MOUNT HOREB, Wis. — Witnesses described children fleeing after the sound of gunshots near a Wisconsin middle school where authorities said an active shooter was “neutralized” outside the building Wednesday. There were no reported injuries to those inside the school.
For panicked kids and their parents, the incident was terrifying. Parents described children hiding in closets, afraid to communicate on cell phones, and one middle schooler said his class initially fled the school gym on in-line skates.
Authorities in Mount Horeb said without giving details that the “alleged assailant” was harmed, and witnesses described hearing gunshots and seeing dozens of children running.

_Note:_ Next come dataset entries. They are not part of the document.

-- ===== src/V4/Messages.antt =====
-- Whole messages of v4.c: `to_bytes`, then `parse`.
use jklibs.Common.{
  ℕ, zero, suc, ◌+◌, ◌-◌, ◌%◌, ◌^◌, ◌≤◌, ◌<◌, ◌≡◌, refl, Bool, true, false, ◌&&◌, ◌||◌, List, ◌∷◌,
  ◌++◌, some, arith, leb, ltb, length, take, drop, replicate, not, ltb→lt, drop_all, take_all,
  length-take, length-drop, length-replicate, append-nil,
}
use jklibs.Common.Outcome.{done, fault, ◌>>=◌}
use jklibs.Common.Bits.{passes, passes-lt}
use jklibs.V4.{
  Header, JkProV4, first_byte, second_byte, read_header, widen, size_of_int, memcpy, calloc,
  to_bytes, parse, store,
}
use jklibs.V4.Fields.{header, read_header-bytes}

size_of_int_small : (n : ℕ) → n < 2 ^ 31 → size_of_int n ≡ n
unfolding size_of_int
size_of_int_small n h = ground arith

memcpy-done :
    (dst src : List ℕ) (at n : ℕ)
    → n ≤ length src
    → at + n ≤ length dst
    → memcpy dst at (some src) n ≡ done (take at dst ++ (take n src ++ drop (at + n) dst))
unfolding memcpy
memcpy-done dst src at n hs hd = ground arith

memcpy_over :
    (dst src : List ℕ) (at n : ℕ) → length dst < at + n → memcpy dst at (some src) n ≡ fault
unfolding memcpy
memcpy_over dst src at n h = ground arith

pad_zeros : (n : ℕ) → n ≤ 4 → drop (0 + n) (replicate {A = ℕ} 4 0) ≡ replicate (4 - n) 0
pad_zeros zero h = refl
pad_zeros (suc zero) h = refl
pad_zeros (suc (suc zero)) h = refl
pad_zeros (suc (suc (suc zero))) h = refl
pad_zeros (suc (suc (suc (suc zero)))) h = refl
pad_zeros (suc (suc (suc (suc (suc n))))) h = absurd (omega arith)

-- Is the length of byte `b` past the check of the parser, and over 4 if `b` is?
abbrev unchecked : Bool → ℕ → Bool
unchecked signed b =
    let n = (read_header signed 0 b).length in
    not (leb (2 ^ 30) n && ltb n (2 ^ 31)) && (ltb b 5 || leb 5 (size_of_int n))

unchecked_table : (signed : Bool) → passes (unchecked signed) 256 ≡ true
unfolding passes read_header size_of_int widen
unchecked_table true = refl
unchecked_table false = refl

-- The length depends on the second byte alone.
length_of_second :
    (signed : Bool) (b0 b1 : ℕ)
    → (read_header signed b0 b1).length ≡ (read_header signed 0 b1).length
unfolding read_header
length_of_second signed b0 b1 = refl

never_checked :
    (signed : Bool) (b0 b1 : ℕ)
    → b1 < 256
    → let n = (read_header signed b0 b1).length in (leb (2 ^ 30) n && ltb n (2 ^ 31)) ≡ false
never_checked signed b0 b1 h =
    rw (length_of_second signed b0 b1) (ground (arith, passes-lt _ 256 (unchecked_table signed) h))

long_length :
    (signed : Bool) (b0 b1 : ℕ)
    → 5 ≤ b1
    → b1 < 256
    → 5 ≤ size_of_int (read_header signed b0 b1).length
long_length signed b0 b1 lo h =
    rw (length_of_second signed b0 b1) (ground (arith, passes-lt _ 256 (unchecked_table signed) h))

second_byte_table : passes (λ n. ltb (second_byte n) 256) 5 ≡ true
unfolding passes second_byte
second_byte_table = refl

second_byte-lt : (n : ℕ) → n ≤ 4 → second_byte n < 256
second_byte-lt n h = ltb→lt _ _ (passes-lt _ 5 second_byte_table (omega arith))

module _ (grants : ℕ → Bool) where
  calloc-done : (n code : ℕ) → grants n ≡ true → calloc grants n code ≡ done (replicate n 0)
  unfolding calloc
  calloc-done n code h = rw h

  -- A body of at least `length` bytes is sent behind the two header bytes, if `calloc` grants
  -- the memory.
  pub to_bytes-done :
      (h : Header) (text : List ℕ)
      → h.length + 2 < 2 ^ 31
      → h.length ≤ length text
      → grants (h.length + 2) ≡ true
      → to_bytes grants (record { header = h; body = some text })
        ≡ done (first_byte h ∷ second_byte h.length ∷ take h.length text)
  unfolding to_bytes
  to_bytes-done h text small fits g =
      let n = h.length in
      let room = replicate {A = ℕ} (n + 2) 0 in
      let fresh : length room ≡ n + 2 = length-replicate (n + 2) 0 in
      let bytes = first_byte h ∷ (second_byte n ∷ drop 2 room) in
      let size : length bytes ≡ 2 + n = omega (arith, length-drop 2 room) in
      let wrapped : (n + 2) % 2 ^ 32 ≡ n + 2 = omega arith in
      let enough : ltb (length room) 2 ≡ false = ground arith in
      rw
        (
          wrapped,
          size_of_int_small (n + 2) (omega arith),
          calloc-done (n + 2) 2 g,
          enough,
          size_of_int_small n (omega arith),
          memcpy-done bytes text 2 n fits (omega arith),
          drop_all bytes (2 + n) (omega arith),
          append-nil (take n text),
        )
        refl

  -- The parsed length, whatever its byte is, passes the check on it, and the body is copied.
  parse-unchecked :
      (signed : Bool) (v : JkProV4) (b0 b1 : ℕ) (rest : List ℕ)
      → b1 < 256
      → parse grants signed v (b0 ∷ (b1 ∷ rest)) ≡ (
          let h = read_header signed b0 b1 in
          store h
            (calloc grants 4 4 >>= λ fresh. memcpy fresh 0 (some rest) (size_of_int h.length)))
  unfolding parse
  parse-unchecked signed v b0 b1 rest hb = rw (never_checked signed b0 b1 hb)

  -- A length byte of 5 or more makes the parser write past the four bytes that it has allocated
  -- for the body, whatever follows.
  pub parse_overflow :
      (signed : Bool) (v : JkProV4) (b0 b1 : ℕ) (rest : List ℕ)
      → 5 ≤ b1
      → b1 < 256
      → grants 4 ≡ true
      → (parse grants signed v (b0 ∷ (b1 ∷ rest))).1 ≡ fault
  parse_overflow signed v b0 b1 rest lo hi g =
      let h = read_header signed b0 b1 in
      rw
        (
          parse-unchecked signed v b0 b1 rest hi,
          calloc-done 4 4 g,
          memcpy_over (replicate 4 0) rest 0 (size_of_int h.length)
              (omega (arith, long_length signed b0 b1 lo hi)),
        )
        refl

  -- A message with version below 16, crypt below 4, no acknowledgement and at most four body
  -- bytes comes back from its bytes as it was sent, the body padded with zeros to four bytes,
  -- whatever the receiver held before, if the memory is granted.
  pub parse-to_bytes :
      (signed : Bool) (old : JkProV4) (v c n : ℕ) (text : List ℕ)
      → v < 16
      → c < 4
      → n ≤ 4
      → n ≤ length text
      → grants (n + 2) ≡ true
      → grants 4 ≡ true
      → (out : List ℕ) × (to_bytes grants (record { header = header v c 0 n; body = some text })
          ≡ done out)
        × (parse grants signed old out ≡ (
          record { header = header v c 0 n; body = some (take n text ++ replicate (4 - n) 0) },
          done tt,
        ))
  parse-to_bytes signed old v c n text hv hc hn fits g2 g4 = (
    first_byte h ∷ (second_byte n ∷ take n text),
    to_bytes-done h text (omega arith) fits g2,
    rw
        (
          parse-unchecked signed old (first_byte h) (second_byte n) (take n text)
              (second_byte-lt n hn),
          read_header-bytes signed v c 0 n hv hc (omega arith),
          calloc-done 4 4 g4,
          size_of_int_small n (omega arith),
          memcpy-done (replicate 4 0) (take n text) 0 n (omega (arith, length-take n text))
              (omega arith),
          take_all (take n text) n (omega (arith, length-take n text)),
          pad_zeros n hn,
        )
        refl,
  )
    where
      h : Header
      h = header v c 0 n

The district said in several Facebook posts starting around 11:30 a.m. that all district schools were on lockdown. More than four hours later, the district had only announced plans to release elementary schoolers and said remaining students would stay in schools “while the police continue their investigation.”
School buses remained lined up for blocks outside and authorities had used police tape to surround the middle school, the nearby high school and playing fields between the two buildings.
“An initial search of the middle school has not yielded additional suspects,” a post around noon said. “As importantly, we have no reports of individuals being harmed, with the exception of the alleged assailant.”
Earlier, the district posted that “the threat has been neutralized outside of the building” but didn't elaborate on what had happened at the school in Mount Horeb, some 25 miles (40 kilometers) west of the state capital of Madison.
Jeanne Keller said she heard about five gunshots while in her shop The Quilting Jeanne, just down the block from the campus that includes the middle school.
“It was maybe like pow-pow-pow-pow,” Keller told The Associated Press by phone. “I thought it was fireworks. I went outside and saw all the children running ... I probably saw 200 children.”
One middle schooler said his class was in the school gym practicing in-line skating when they heard gunshots.
Max Kelly, 12, said his teacher told the class to get out of the school. He said they skated to a street, ditched their in-line skates and ran to a nearby convenience store and gas station and hid in a bathroom.
Kelly was reunited with his parents and sat on a hillside with them early Wednesday afternoon waiting for his younger siblings to be released from their own schools. He still wore socks, his shoes left behind.
“I don’t think anywhere is safe anymore,” said his mother, 32-year-old Alison Kelly.
Police in Mount Horeb said they could not immediately provide information. A person who answered the phone at the school district office declined comment. The Dane County Sheriff's office directed reporters to a staging area but had not provided updates hours after the school district first alerted families about the incident.
The district had begun releasing some students of other schools by early afternoon and anxious parents gathered at a bus depot waiting for their kids.
Shannon Hurd, 44, and her former husband, Nathian Hurd, 39, sat in a car waiting for their 13-year-old son, Noah, who was still in the locked-down middle school.
Shannon Hurd said she first heard what happened via a text from Noah saying he loved her. She said she nearly fell down the stairs at her work as she ran to get to the school.
“I just want my kid,” she said. “They’re supposed to be safe at school.”
Stacy Smith, 42, was at the bank Wednesday when she saw police cars rush by and soon got a school district text warning of an active shooter.
She initially could not reach her two children — junior Abbi and seventh-grader Cole. Finally, she reached Abbi by phone but the girl whispered that she was hiding in a closet and couldn’t talk. She eventually connected with both children and learned they were OK.
“Not here,” she said in disbelief. “You hear about this everywhere else but not here.”
Schools nationwide have sought ways to prevent mass shootings inside their walls, from physical security measures and active shooter drills to technology including detailed digital maps. Many also rely on teachers and administrators working to detect early signs of student mental health struggles.
The Mount Horeb Area School District's security protocols were not immediately clear Wednesday and there was no information known about the alleged assailant's identity or condition.
The village is home to around 7,600 people and the central office of outdoor gear retailer Duluth Trading Company. Mount Horeb markets itself as the “troll capital of the world,” a reference to carvings of trolls stationed throughout its downtown district as a tribute to a Scandinavian gift shop that was a landmark for passing long-haul truckers in the 1970s.
Heidy Lange, owner of Firefly Events Decor & Flowers, said she was in her florist shop about two blocks from the school when she looked out and saw children running and “probably 50 cop cars from everywhere.”
“All of a sudden there was a whole bunch of parents running behind them,” Lange said. “All our phones were beeping with all the alerts. It would devastate the town if something happened to a child here.”